The diameter of the cartridge cylinder and the barrel are same for a .38 & .357. Now the shell of the .357 is 1/10" longer than a .38spl. The cylinder of a .357 is longer length wise than a .38spl cylinder. Hope that helps.


----------



## James NM (Jan 4, 2007)

kevinsmith1 said:


> ....do you lose velocity, accuracy, or energy shooting the .38 round through the .357 cylinder? thanks in advance.

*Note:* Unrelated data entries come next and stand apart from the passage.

-- ===== src/Cli/Login/Secrets.antt =====
-- What a login keeps of the account before it.
use stdiod.Base.{
  String, Bool, true, false, ◌≡◌, refl, ◌⊎◌, inl, inr, Option, none, some, List, [], ok, arith,
  or_else, if◌then◌else◌, not, ◌||◌, if_rule, Option-cases, same_text?_iff, some_inj, bind-inv,
  ok_inj, subst, require,
}
use stdiod.Base.Text.{is_blank}
use stdiod.Config.{PersistedConfig, load_from, nonempty, clear_authentication}
use stdiod.Config.Backend.{Url, same_backend}
use stdiod.Auth.{DeviceTokenResponse}
use stdiod.Http.{Request}
use stdiod.Cli.Login.{
  LoginArgs, Login, Host, account_changed, authorized_config, finish_login, login_with, run,
  save_login, configure_legacy_login, legacy_config, has_client_token,
}
use stdiod.Cli.Login.Outcomes.{by_key, by_device, by_loaded}

-- A login takes the two configurations to be of one account: logins with an API key at one backend,
-- whichever the keys are, or authorizations of one installation by one user of one organization.
abbrev pub IsSameAccount : (String → Option Url) → (before after : PersistedConfig) → Type 0
IsSameAccount parse before after =
    (backend : String) × (after.backend_url ≡ some backend)
    × (same_backend parse before.backend_url backend ≡ true)
    × (((after.client_access_token ≡ none) × (nonempty before.client_access_token ≡ none))
        ⊎ ((after.client_installation_id ≡ before.client_installation_id)
            × (after.authenticated_user_id ≡ before.authenticated_user_id)
            × (after.authenticated_org_id ≡ before.authenticated_org_id)))

-- A secret key that is saved was given to the command, or was saved before for the same account.
abbrev pub KeepsSecret :
    (String → Option Url) → LoginArgs → (before after : PersistedConfig) → Type 0
KeepsSecret parse args before after =
    (secret : String)
    → after.edison_secret_key ≡ some secret
    → (args.edison_secret_key ≡ some secret)
      ⊎ ((before.edison_secret_key ≡ some secret) × IsSameAccount parse before after)

-- The token is for the account of the configuration.
account_changed-same :
    (c : PersistedConfig) (same_issuer : Bool) (token : DeviceTokenResponse)
    → account_changed c same_issuer token ≡ false
    → (same_issuer ≡ true)
      × (some token.client_installation_id ≡ c.client_installation_id)
      × (some token.user_id ≡ c.authenticated_user_id)
      × (some token.org_id ≡ c.authenticated_org_id)
unfolding account_changed
account_changed-same c same_issuer token h = ground (
  arith,
  same_text?_iff c.client_installation_id (some token.client_installation_id),
  same_text?_iff c.authenticated_user_id (some token.user_id),
  same_text?_iff c.authenticated_org_id (some token.org_id),
)

from_either :
    (asked kept : Option String) (secret : String)
    → or_else asked kept ≡ some secret
    → (asked ≡ some secret) ⊎ (kept ≡ some secret)
from_either none kept secret e = inr e
from_either (some s) kept secret e = inl e

-- Where the secret key of an authorized configuration comes from.
authorized_secret :
    (changed : Bool) (asked kept : Option String) (secret : String)
    → (if changed then asked else or_else asked kept) ≡ some secret
    → (asked ≡ some secret) ⊎ ((kept ≡ some secret) × (changed ≡ false))
authorized_secret true asked kept secret e = inl e
authorized_secret false asked kept secret e = elim (from_either asked kept secret e) [
  | inl own ↦ inl own
  | inr old ↦ inr (old, refl)
]

-- Where the secret key of a configuration with an API key comes from.
legacy_secret :
    (cleared : Bool) (c : PersistedConfig) (backend key : String) (args : LoginArgs)
    (secret : String)
    → (legacy_config
        (if cleared then clear_authentication c else c)
        backend
        key
        args).edison_secret_key
      ≡ some secret
    → (args.edison_secret_key ≡ some secret)
      ⊎ ((c.edison_secret_key ≡ some secret) × (cleared ≡ false))
unfolding legacy_config clear_authentication
legacy_secret true c backend key args secret e =
    elim (from_either args.edison_secret_key none secret e) [
      | inl own ↦ inl own
      | inr old ↦ inl (cc)
    ]
legacy_secret false c backend key args secret e =
    elim (from_either args.edison_secret_key c.edison_secret_key secret e) [
      | inl own ↦ inl own
      | inr old ↦ inr (old, refl)
    ]

not_cleared :
    (c : PersistedConfig) (same_issuer : Bool)
    → (not same_issuer || has_client_token c) ≡ false
    → (same_issuer ≡ true) × (nonempty c.client_access_token ≡ none)
unfolding has_client_token
not_cleared c true e = elim (Option-cases (nonempty c.client_access_token)) [
  | inl f ↦ (refl, f)
  | inr (t, f) ↦ absurd (let e' = rw (f, has_client_token) at e in cc)
]
not_cleared c false e = cc

module _ (parse : String → Option Url) (args : LoginArgs) (c : PersistedConfig)
    (backend : String) where
  authorized-KeepsSecret :
      (token : DeviceTokenResponse)
      → let changed = account_changed c (same_backend parse c.backend_url backend) token in
        KeepsSecret parse args c (authorized_config c backend changed token args)
  unfolding authorized_config
  authorized-KeepsSecret token secret kept =
      let same = same_backend parse c.backend_url backend in
      elim (authorized_secret (account_changed c same token) args.edison_secret_key
        c.edison_secret_key secret kept) [
          | inl own ↦ inl own
          | inr (old, unchanged) ↦
              let (issuer, installation, user, org) = account_changed-same c same token unchanged in
              inr (old, (backend, refl, issuer, inr (installation, user, org)))
        ]

  legacy-KeepsSecret :
      (key : String) (next : PersistedConfig)
      → configure_legacy_login c backend (same_backend parse c.backend_url backend) key args
        ≡ ok next
      → KeepsSecret parse args c next
  unfolding configure_legacy_login legacy_config
  legacy-KeepsSecret key next made =
      let same = same_backend parse c.backend_url backend in
      let (_, _, f) =
        bind-inv (require (not (is_blank key)) "legacy API key cannot be empty") _ next made in
      subst (KeepsSecret parse args c) (ok_inj f) λ secret kept.
        elim (legacy_secret (not same || has_client_token c) c backend key args secret kept) [
          | inl own ↦ inl own
          | inr (old, uncleared) ↦
              let (issuer, none_before) = not_cleared c same uncleared in
              inr (old, (backend, refl, issuer, inl (refl, none_before)))
        ]

-- What a login saved has such a secret key, seen from the configuration that it loaded.
abbrev IsCareful : (String → Option Url) → Host → LoginArgs → Login → Type 0
IsCareful parse host args l =
    (after : PersistedConfig)
    → l.saved ≡ some after
    → (before : PersistedConfig) × (load_from host.path host.file ≡ ok before)
      × KeepsSecret parse args before after

module _ (parse : String → Option Url) (host : Host) (args : LoginArgs) where
  saves-IsCareful :
      (before next : PersistedConfig) (opened : List String) (revocations : List Request)
      → load_from host.path host.file ≡ ok before
      → KeepsSecret parse args before next
      → IsCareful parse host args (save_login parse host next opened revocations)
  unfolding save_login
  saves-IsCareful before next opened revocations loads keeps =
      if_rule (IsCareful parse host args) host.save_fails _ _ (λ _ after e. cc)
        λ _ after e. (before, loads, subst (KeepsSecret parse args before) (some_inj e) keeps)

  with-IsCareful :
      (key : Option String) (c : PersistedConfig) (backend : String)
      → load_from host.path host.file ≡ ok c
      → IsCareful parse host args (login_with parse host key args c backend)
  unfolding login_with finish_login
  with-IsCareful (some key) c backend loads =
      by_key parse host args (IsCareful parse host args) (λ opened e _ after bad. cc) c backend _
        key
        λ next made.
          saves-IsCareful c next [] _ loads (legacy-KeepsSecret parse args c backend key next made)
  with-IsCareful none c backend loads =
      by_device parse host args (IsCareful parse host args) (λ opened e _ after bad. cc) c backend _
        λ opened token.
          saves-IsCareful c _ opened _ loads (authorized-KeepsSecret parse args c backend token)

  -- An Edison secret key in the configuration that a login saved was an argument of the command, or
  -- was in the configuration that it loaded; in the second case both configurations are for the same
  -- backend, and either the login was an authorization of the same installation, user and
  -- organization as before, or it was one with an API key and no client token was there before. Two
  -- API keys at one backend are not told apart.
  pub run-KeepsSecret :
      (after : PersistedConfig)
      → (run parse host args).saved ≡ some after
      → (before : PersistedConfig) × (load_from host.path host.file ≡ ok before)
        × KeepsSecret parse args before after
  run-KeepsSecret =
      by_loaded parse host args (IsCareful parse host args) (λ opened e _ after bad. cc)
        λ c backend loads. with-IsCareful args.api_key c backend loads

Not enough to make any difference.

The only real problem is the crud build up in the cylinder after shooting lots of 38's and then shooting 357's without cleaning in between. The 357's can be difficult to load in the chamber, or very hard to extract after firing.


----------



## Teuthis (Apr 9, 2008)

The two rounds are interchangeable in the .357. If you want to learn the trigger of your revolver, and keep up familiarity with it, shooting .38 Special wadcutters is an excellent drill. I have shot .38's in mine for many years with no problems. In my opinion, anyone who does not clean their firearms each time after shooting them, does not value them properly. I clean that .38 build-up out of the .357 cylinder before it becomes build-up. There are several excellent reasons for keeping one's firearm scrupulously clean. And no good reasons not to.


----------



## SigZagger (Aug 16, 2006)

IIRC, most of the data for bullet performance is obtained with the use of a 4" barrel. So, the shorter barrel models will suffer slightly. In long run, for up close and personal self defense, I doubt it would matter to the bad guy on the other end. Hence, a good quality performing 38 round carried in a 357 chamber is not uncommon.


----------